It was in great part the students, as all know who have followed the vicissitudes of Marius and Cosette in Les Misérables, who were responsible for the insurrection of 1830.

It was in the spheres of literature and art, however, where Romanticism was struggling to supplant Classicism, that the hottest passions were kindled. The influence of Scott, Byron, and the rising Hugo dominated, even in the matter of dress. Romanticists adopted the costumes of Moslems, Corsairs, and Giaours: the Quartier resembled a fancy-dress ball-room, and men fought in its streets for their artistic as they had in other times for their political and religious creeds.

The students of the reign of Louis Philippe have been thus pictured by De Banville: “Young, gay, reckless, but possessed of native distinction, coquettishly arrayed in velvet and all sorts of original and fancy costumes, capped with Basque bérets and felts à la Rubens, they went up and down, sauntering, singing, gazing into space, alone, or in pairs, or in groups, or three by three, selling their text-books willingly at the old book dealers in order to enter the cabaret,—a custom which, as you know, dates from the twelfth century.”

Of this same youth and that which came immediately after it Aurélien Scholl writes: “The young men of the schools thought solely of fêtes and of fun. The Quartier resembled strangely the Bohème of Mürger,—la noce, nothing but la noce. The historiographer of this epoch finds only farces to narrate, and such farces!”

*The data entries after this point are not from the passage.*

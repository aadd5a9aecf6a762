-- ===== src/Template/Invariant.antt =====
-- Transactions and CreateWorkflowTemplate of pkg/workflow_template.go, and the invariant of the versions.
use onepanel.Base.{
  ℕ, suc, ◌≤◌, String, ◌≡◌, refl, List, [], ◌∷◌, ◌++◌, Result, ok, err, arith, Option-cases, inl,
  inr,
}
use onepanel.Base.State
use onepanel.Base.State.{M, ◌>>=◌, ◌>>◌, Keeps, after}
use onepanel.Params.{Parameter}
use onepanel.Template.Store.{
  Store, TemplateRow, ArgoCopy, Template, Call, Env, rollback, transaction, close_transaction,
}
use onepanel.Template.Table
use onepanel.Template.Create
use onepanel.Template.Create.{add_label, label_resource}
use onepanel.Template.Latest.{WellFormed, rollback-WellFormed, same-WellFormed, new-WellFormed}
use onepanel.Template.Steps.{
  same-eq, create_argo_copy-SameTables, delete_argo_copy-SameTables, Grows, Reached, Tables,
  create_argo_copy-Tables, insert_workflow_template-Grows, create_version_db-Grows,
}

-- What returns keeps the invariant; what fails is rolled back.
module _ {A : Type 0} (env : Env) (undo : A → M Store (Unit {0})) (m : M Store A)
    (undone : (a : A) → Keeps WellFormed (undo a)) (grows : Grows m)
    (done : (a : A) (s t : Store) → WellFormed s → m s ≡ (ok a, t) → WellFormed t) where
  committed :
      (a : A) (s t : Store)
      → WellFormed s
      → WellFormed t
      → s.template_serial ≤ t.template_serial
      → WellFormed (close_transaction env undo s (ok a, t)).1
  unfolding close_transaction
  committed a s t w w' g = elim (Option-cases (env.fails Call.commit)) [
    | inl e ↦ rw (e, close_transaction) w'
    | inr (x, e) ↦ rw (e, close_transaction) (undone a (rollback s t) (rollback-WellFormed s t w g))
  ]

  closed :
      (r : Result A) (s t : Store)
      → WellFormed s
      → m s ≡ (r, t)
      → s.template_serial ≤ t.template_serial
      → WellFormed (close_transaction env undo s (r, t)).1
  closed (ok a) s t w e g = committed a s t w (done a s t w e) g
  closed (err x) s t w e g = unfold close_transaction in rollback-WellFormed s t w g

  pub transaction-WellFormed : Keeps WellFormed (transaction env undo m)
  unfolding transaction
  transaction-WellFormed s w = elim (Option-cases (env.fails Call.begin)) [
    | inr (x, e) ↦ rw (e, transaction) w
    | inl e ↦
        rw (e, transaction)
          (closed (m s).0 s (m s).1 w refl (grows s.template_serial s (omega arith)))
  ]

store_workflow_template-Grows :
    (env : Env) (namespace : String) (t : Template)
    → Grows (Create.store_workflow_template env namespace t)
unfolding Create.store_workflow_template
store_workflow_template-Grows env namespace t n =
    State.bind-Keeps T (Table.insert_workflow_template env (Create.template_row namespace t)) _
      (insert_workflow_template-Grows env (Create.template_row namespace t) n)
      λ id. State.bind-Keeps T (State.lift _) _ (State.lift-Keeps T _) λ parameters.
        State.bind-Keeps T (Table.create_workflow_template_version_db env id t parameters) _
          (create_version_db-Grows env id t parameters n)
          λ version_id. State.bind-Keeps T (State.lift _) _ (State.lift-Keeps T _) λ (copy, named).
            State.next-Keeps T (Create.create_argo_copy env _) _
              (create_argo_copy-Tables (Reached n) env _) (State.pure-Keeps T _)
  where
    T : Store → Type 0
    T = Tables (Reached n)

insert-eq-ok :
    (env : Env) (row : TemplateRow) {i : ℕ} (s t : Store)
    → Table.insert_workflow_template env row s ≡ (ok i, t)
    → (i ≡ s.template_serial)
      × (t.templates ≡ s.templates ++ record row { id = s.template_serial } ∷ [])
      × (t.versions ≡ s.versions)
      × (t.template_serial ≡ suc s.template_serial)
unfolding Table.insert_workflow_template
insert-eq-ok env row s t e = ground arith

pub version_db-eq-ok :
    (env : Env) (i : ℕ) (m : Template) (ps : List Parameter) {j : ℕ} (s t : Store)
    → Table.create_workflow_template_version_db env i m ps s ≡ (ok j, t)
    → (t.templates ≡ s.templates)
      × (t.versions
          ≡ s.versions ++ record (Table.new_version env i m ps) { id = s.version_serial } ∷ [])
      × (t.template_serial ≡ s.template_serial)
unfolding Table.create_workflow_template_version_db Table.insert_workflow_template_version
    Table.add_version State.require
version_db-eq-ok env i m ps s t e = ground arith

store_workflow_template-WellFormed :
    (env : Env) (namespace : String) (m : Template) (a : Template × ArgoCopy) (s t : Store)
    → WellFormed s
    → Create.store_workflow_template env namespace m s ≡ (ok a, t)
    → WellFormed t
unfolding Create.store_workflow_template Table.new_version
store_workflow_template-WellFormed env namespace m a s t w e =
    let row = Create.template_row namespace m in
    after (Table.insert_workflow_template env row) _ e λ i s₁ e₁ k₁.
      after (State.lift _) _ k₁ λ ps s₂ e₂ k₂.
        after (Table.create_workflow_template_version_db env i m ps) _ k₂ λ j s₃ e₃ k₃.
          after (State.lift _) _ k₃ λ pair s₄ e₄ k₄.
            after (Create.create_argo_copy env _) _ k₄ λ u s₅ e₅ k₅.
              let inserted = insert-eq-ok env row s s₁ e₁ in
              let versioned = version_db-eq-ok env i m ps s₂ s₃ e₃ in
              let copied =
                same-eq (Create.create_argo_copy env _) (create_argo_copy-SameTables env _) e₅ in
              let parsed = State.lift-eq-ok _ e₂ in
              let made = State.lift-eq-ok _ e₄ in
              let returned = State.pure-eq-ok _ k₅ in
              let new = record (Table.new_version env i m ps) { id = s₂.version_serial } in
              new-WellFormed s t (record row { id = s.template_serial }) new
                (ground (arith, inserted, versioned, copied, parsed, made, returned))
                (ground (arith, inserted, versioned, copied, parsed, made, returned))
                (ground (arith, inserted, versioned, copied, parsed, made, returned)) refl
                inserted.0 refl w

pub create_workflow_template-WellFormed :
    (env : Env) (namespace : String) (m : Template)
    → Keeps WellFormed (Create.create_workflow_template env namespace m)
unfolding Create.create_workflow_template
create_workflow_template-WellFormed env namespace m =
    State.bind-Keeps WellFormed (State.lift _) _ (State.lift-Keeps WellFormed _) λ named.
      State.bind-Keeps WellFormed
        (transaction env _ (Create.store_workflow_template env namespace named)) _
        (transaction-WellFormed env _ (Create.store_workflow_template env namespace named) undone
          (store_workflow_template-Grows env namespace named)
          (store_workflow_template-WellFormed env namespace named))
        λ made. State.pure-Keeps WellFormed made.0
  where
    undone :
        (made : Template × ArgoCopy)
        → Keeps WellFormed (Create.delete_argo_copy env namespace made.1.name)
    undone made s w =
        let e = delete_argo_copy-SameTables env namespace made.1.name s in
        same-WellFormed s _ e.0 e.1 e.2 w

-- CreateWorkflowTemplate keeps the invariant, whatever fails.
pub create-WellFormed :
    (env : Env) (namespace : String) (m : Template)
    → Keeps WellFormed (Create.create env namespace m)
unfolding Create.create
create-WellFormed env namespace m =
    State.bind-Keeps WellFormed (State.lift _) _ (State.lift-Keeps WellFormed _) λ checked s w.
      mapped (Create.create_workflow_template env namespace m s)
        (create_workflow_template-WellFormed env namespace m s w)
  where
    mapped :
        (x : Result Template × Store)
        → WellFormed x.1
        → WellFormed (Create.map_error (Create.wrap_error "Workflow template") x).1
    mapped (ok a, t) h = unfold Create.map_error in h
    mapped (err e, t) h = unfold Create.map_error in h
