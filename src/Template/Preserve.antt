-- ===== src/Template/Preserve.antt =====
-- The steps of CreateWorkflowTemplateVersion, and the invariant of the versions.
use onepanel.Base.{
  ℕ, zero, suc, ◌+◌, ◌≤◌, ◌<◌, ℤ, pos, String, Bool, true, false, not, ◌≡◌, refl, subst, Option,
  none, some, List, [], ◌∷◌, ◌++◌, map, Result, ok, err, arith, Option-cases, Bool-cases, inl, inr,
  leb, All, ◌==◌,
}
use onepanel.Base
use onepanel.Base.State
use onepanel.Base.State.{M, ◌>>=◌, ◌>>◌, Keeps, Keeps-eq, after}
use onepanel.Template.Store.{Store, TemplateRow, VersionRow, ArgoCopy, Template, Call, Env, attempt}
use onepanel.Template.Table
use onepanel.Template.Argo
use onepanel.Template.Create
use onepanel.Template.Version
use onepanel.Template.Latest.{
  WellFormed, HasLatest, same-WellFormed, outdated-WellFormed, write_labels-WellFormed,
}
use onepanel.Template.Steps.{
  SameTables, create_argo_copy-SameTables, get_argo_workflow_template-SameTables,
  select_current-SameTables, same-eq, Grows, Reached, Tables, attempt-Tables,
  create_argo_copy-Tables, update_argo_copy-Tables, get_argo_workflow_template-Tables,
  select_current-Tables, create_version_db-Grows,
}
use onepanel.Template.Invariant.{transaction-WellFormed, version_db-eq-ok}

-- a method that leaves the tables
pub same-Keeps :
    {A : Type 0} (m : M Store A) → ((s : Store) → SameTables s (m s).1) → Keeps WellFormed m
same-Keeps m h s w = same-WellFormed s (m s).1 (h s).0 (h s).1 (h s).2 w

update_argo_copy-SameTables :
    (env : Env) (c : ArgoCopy) (s : Store) → SameTables s (Create.update_argo_copy env c s).1
unfolding Create.update_argo_copy attempt State.check State.modify
update_argo_copy-SameTables env c s = ground arith

pub attempt-SameTables : (env : Env) (c : Call) (s : Store) → SameTables s (attempt env c s).1
unfolding attempt State.check
attempt-SameTables env c s = ground arith

create_argo_copy-Keeps :
    (env : Env) (c : ArgoCopy) → Keeps WellFormed (Create.create_argo_copy env c)
create_argo_copy-Keeps env c =
    same-Keeps (Create.create_argo_copy env c) (create_argo_copy-SameTables env c)

update_argo_copy-Keeps :
    (env : Env) (c : ArgoCopy) → Keeps WellFormed (Create.update_argo_copy env c)
update_argo_copy-Keeps env c =
    same-Keeps (Create.update_argo_copy env c) (update_argo_copy-SameTables env c)

pub attempt-Keeps : (env : Env) (c : Call) → Keeps WellFormed (attempt env c)
attempt-Keeps env c = same-Keeps (attempt env c) (attempt-SameTables env c)

create_latest-Grows :
    (env : Env) (i : ℕ) (m : Template)
    → Grows (Table.create_latest_workflow_template_version_db env i m)
unfolding Table.create_latest_workflow_template_version_db
create_latest-Grows env i m n =
    State.next-Keeps T (State.require _ _) _ (State.require-Keeps T _ _) (
      State.next-Keeps T (attempt env _) _ (attempt-Tables (Reached n) env _) (
        State.next-Keeps T (State.modify (Table.outdate_versions i)) _
          (State.modify-Keeps T _ (λ s h. unfold Table.outdate_versions in h))
          (State.bind-Keeps T (State.lift _) _ (State.lift-Keeps T _)
            λ ps. create_version_db-Grows env i m ps n)))
  where
    T : Store → Type 0
    T = Tables (Reached n)

publish_version-Grows :
    (env : Env) (namespace : String) (m : Template) (i j : ℕ)
    → Grows (Version.publish_version env namespace m i j)
unfolding Version.publish_version
publish_version-Grows env namespace m i j n =
    State.bind-Keeps T (State.lift _) _ (State.lift-Keeps T _) λ pair.
      State.bind-Keeps T (State.lift _) _ (State.lift-Keeps T _) λ strings.
        State.bind-Keeps T (Argo.get_argo_workflow_template env namespace pair.1.uid Argo.latest) _
          (get_argo_workflow_template-Tables (Reached n) env namespace pair.1.uid Argo.latest)
          λ older.
            State.next-Keeps T (Create.create_argo_copy env _) _
              (create_argo_copy-Tables (Reached n) env _)
              (State.next-Keeps T (Create.update_argo_copy env _) _
                (update_argo_copy-Tables (Reached n) env _)
                (State.next-Keeps T (attempt env _) _ (attempt-Tables (Reached n) env _) (
                  State.next-Keeps T (State.modify (Table.write_labels i m.labels)) _
                    (State.modify-Keeps T _ (λ s h. unfold Table.write_labels in h))
                    (State.pure-Keeps T _))))
  where
    T : Store → Type 0
    T = Tables (Reached n)

store_version-Grows :
    (env : Env) (namespace : String) (m : Template) → Grows (Version.store_version env namespace m)
unfolding Version.store_version
store_version-Grows env namespace m n =
    State.bind-Keeps (Tables (Reached n)) (Version.select_current env namespace m.uid) _
      (select_current-Tables (Reached n) env namespace m.uid)
      λ row.
        State.bind-Keeps (Tables (Reached n))
          (Table.create_latest_workflow_template_version_db env row.id m) _
          (create_latest-Grows env row.id m n) λ j. publish_version-Grows env namespace m row.id j n

found-HasLatest :
    (n : ℕ) (vs : List VersionRow) (test : TemplateRow → Bool) (ts : List TemplateRow)
    → All (HasLatest n vs) ts
    → (row : TemplateRow) → Table.find_template test ts ≡ some row
    → HasLatest n vs row
unfolding Table.find_template
found-HasLatest n vs test [] h row e = absurd (cc)
found-HasLatest n vs test (t ∷ ts) h row e = elim (Bool-cases (test t)) [
  | inl b ↦ let same : t ≡ row = ground arith in subst (HasLatest n vs) same h.0
  | inr b ↦ found-HasLatest n vs test ts h.1 row (rw b at e)
]

select_current-HasLatest :
    (env : Env) (namespace uid : String) (row : TemplateRow) (s t : Store)
    → WellFormed s
    → Version.select_current env namespace uid s ≡ (ok row, t)
    → HasLatest s.template_serial s.versions row
unfolding Version.select_current
select_current-HasLatest env namespace uid row s t w e =
    elim (Option-cases (Table.find_template (Table.is_current namespace uid) s.templates)) [
      | inl missing ↦ absurd (unfold Version.found_row in ground arith)
      | inr (r, found) ↦
          let same : r ≡ row = unfold Version.found_row in ground arith in
          subst (HasLatest s.template_serial s.versions) same (
            found-HasLatest s.template_serial s.versions (Table.is_current namespace uid)
              s.templates w.latest r found)
    ]

outdate-tables :
    (i : ℕ) (s t : Store) {u : Unit {0}}
    → State.modify (Table.outdate_versions i) s ≡ (ok u, t)
    → (t.templates ≡ s.templates)
      × (t.versions ≡ map (Table.outdate i) s.versions)
      × (t.template_serial ≡ s.template_serial)
unfolding State.modify Table.outdate_versions
outdate-tables i s t e = ground arith

require-same :
    (b : Bool) (x : Base.Error) {r : Result (Unit {0})} {s t : Store}
    → State.require b x s ≡ (r, t)
    → t ≡ s
unfolding State.require
require-same true x e = ground arith
require-same false x e = ground arith

-- The new version, when its insert is done.
create_latest-WellFormed :
    (env : Env) (i : ℕ) (m : Template) (j : ℕ) (s t : Store)
    → i < s.template_serial
    → WellFormed s
    → Table.create_latest_workflow_template_version_db env i m s ≡ (ok j, t)
    → WellFormed t
unfolding Table.create_latest_workflow_template_version_db Table.new_version
create_latest-WellFormed env i m j s t lt w e = after (State.require _ _) _ e λ u₁ s₁ e₁ k₁.
    after (attempt env _) _ k₁ λ u₂ s₂ e₂ k₂.
      after (State.modify (Table.outdate_versions i)) _ k₂ λ u₃ s₃ e₃ k₃.
        after (State.lift _) _ k₃ λ ps s₄ e₄ k₄.
          let required = require-same _ _ e₁ in
          let attempted = same-eq (attempt env _) (attempt-SameTables env _) e₂ in
          let outdated = outdate-tables i s₂ s₃ e₃ in
          let parsed = State.lift-eq-ok _ e₄ in
          let versioned = version_db-eq-ok env i m ps s₄ t k₄ in
          let new = record (Table.new_version env i m ps) { id = s₄.version_serial } in
          outdated-WellFormed s t i new
            (ground (arith, required, attempted, outdated, parsed, versioned))
            (ground (arith, required, attempted, outdated, parsed, versioned))
            (ground (arith, required, attempted, outdated, parsed, versioned)) refl refl lt w

publish_version-Keeps :
    (env : Env) (namespace : String) (m : Template) (i j : ℕ)
    → Keeps WellFormed (Version.publish_version env namespace m i j)
unfolding Version.publish_version
publish_version-Keeps env namespace m i j =
    State.bind-Keeps WellFormed (State.lift _) _ (State.lift-Keeps WellFormed _) λ pair.
      State.bind-Keeps WellFormed (State.lift _) _ (State.lift-Keeps WellFormed _) λ strings.
        State.bind-Keeps WellFormed
          (Argo.get_argo_workflow_template env namespace pair.1.uid Argo.latest) _
          (same-Keeps (Argo.get_argo_workflow_template env namespace pair.1.uid Argo.latest)
            (get_argo_workflow_template-SameTables env namespace pair.1.uid Argo.latest))
          λ older.
            State.next-Keeps WellFormed (Create.create_argo_copy env _) _
              (create_argo_copy-Keeps env _)
              (State.next-Keeps WellFormed (Create.update_argo_copy env _) _
                (update_argo_copy-Keeps env _)
                (State.next-Keeps WellFormed (attempt env _) _ (attempt-Keeps env _) (
                  State.next-Keeps WellFormed (State.modify (Table.write_labels i m.labels)) _
                    (State.modify-Keeps WellFormed _ (write_labels-WellFormed i m.labels))
                    (State.pure-Keeps WellFormed _))))

store_version-WellFormed :
    (env : Env) (namespace : String) (m a : Template) (s t : Store)
    → WellFormed s
    → Version.store_version env namespace m s ≡ (ok a, t)
    → WellFormed t
unfolding Version.store_version
store_version-WellFormed env namespace m a s t w e =
    after (Version.select_current env namespace m.uid) _ e λ row s₁ e₁ k₁.
      after (Table.create_latest_workflow_template_version_db env row.id m) _ k₁ λ j s₂ e₂ k₂.
        let w₁ =
          Keeps-eq WellFormed (Version.select_current env namespace m.uid)
            (same-Keeps (Version.select_current env namespace m.uid)
              (select_current-SameTables env namespace m.uid))
            w e₁ in
        let read =
          same-eq (Version.select_current env namespace m.uid)
            (select_current-SameTables env namespace m.uid) e₁ in
        let held = select_current-HasLatest env namespace m.uid row s s₁ w e₁ in
        let w₂ =
          create_latest-WellFormed env row.id m j s₁ s₂ (ground (arith, held.given, read.2)) w₁
            e₂ in
        Keeps-eq WellFormed (Version.publish_version env namespace m row.id j)
          (publish_version-Keeps env namespace m row.id j) w₂ k₂

-- CreateWorkflowTemplateVersion keeps the invariant, whatever fails.
pub create_version-WellFormed :
    (env : Env) (namespace : String) (m : Template)
    → Keeps WellFormed (Version.create_workflow_template_version env namespace m)
unfolding Version.create_workflow_template_version
create_version-WellFormed env namespace m =
    State.next-Keeps WellFormed (State.require _ _) _ (State.require-Keeps WellFormed _ _) (
      State.next-Keeps WellFormed (State.lift _) _ (State.lift-Keeps WellFormed _) (
        transaction-WellFormed env _ (Version.store_version env namespace m)
          (λ a. State.pure-Keeps WellFormed tt) (store_version-Grows env namespace m)
          (store_version-WellFormed env namespace m)))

And yet the students played almost as large a part in the revolution of 1848 as in that of 1830. Under their masks of flippancy they were serious. They had merely been waiting for the strategic moment and a leader; and, when in 1847 Antonio Watripon, bent on a “reawakening of the schools,” founded a journal, La Lanterne du Quartier Latin, as a means of organising and directing the student opposition, they took an active part in the demonstrations which brought about the downfall of the government of Louis Philippe.

They sprang to arms again, soon after, against the disillusionising coup d’état of the third Napoleon, while the workingmen remained relatively submissive. “At the news that Louis Napoleon is getting ready to confiscate the public liberties,” says Scholl, “a wave of indignation sweeps over the length and breadth of the Quartier. The students invade, and pronounce inflammatory discourses in, café after café, crèmerie after crèmerie. They descend without hesitation into the street to combat the troops of the tyrant, and many pay for their heroism with their lives.”

The discouragement which followed the complete establishment of the authority of the usurper naturally gave rise to a sort of lassitude, which was mistaken by many for sycophancy or indifference, and was generally regarded as proof positive of the degeneration of the student type. But the students, although temporarily silent and outwardly submissive, had not disarmed. It was not long before Vallès, Gambetta, Vermesch, Blanqui, Rochefort, and scores of others, who participated a little later in the Commune or in the founding of the Third Republic, were busily sowing the seeds of disaffection in the cafes; and in 1865 this fresh revolutionary movement was given coherence and direction by Les Propos de Labienus, the little masterpiece of Rogeard.

It was, in point of fact, mainly in the cafés of the Latin Quarter rather than in the university proper that the revolution of 1871, as well as that of 1789, was fermented.

In 1866, at the Café de la Renaissance Hellénique, a revolutionary club was formed, consisting of eight persons, the oldest of whom was barely twenty-two,—five law students, a medical student, a painter, and a rentier,—the first overt act of which was a riotous protest against the production of Augier’s La Contagion at the Odéon. Most, if not all, of the charter members of this club, which was soon consolidated with a club of older men meeting at the Café Serpente, saw the inside of the prison of Ste. Pélagie before the Commune was achieved.

“The Renaissance,” says Auguste Lepage in his Cafés Artistiques et Littéraires de Paris, “had a special physiognomy at the absinthe hour and after dinner. Noisy, uncombed students entered, mounted to the second floor, got together in groups, and talked politics or took a turn at billiards. They lighted long pipes, artistically coloured; and through the smoke clouds might be heard, together with the voices of the speechifiers, the clicks of the ivory balls as they met on the green cushions. Etudiantes accompanied the students. These strikingly dressed girls smoked cigarettes and occupied themselves with politics.”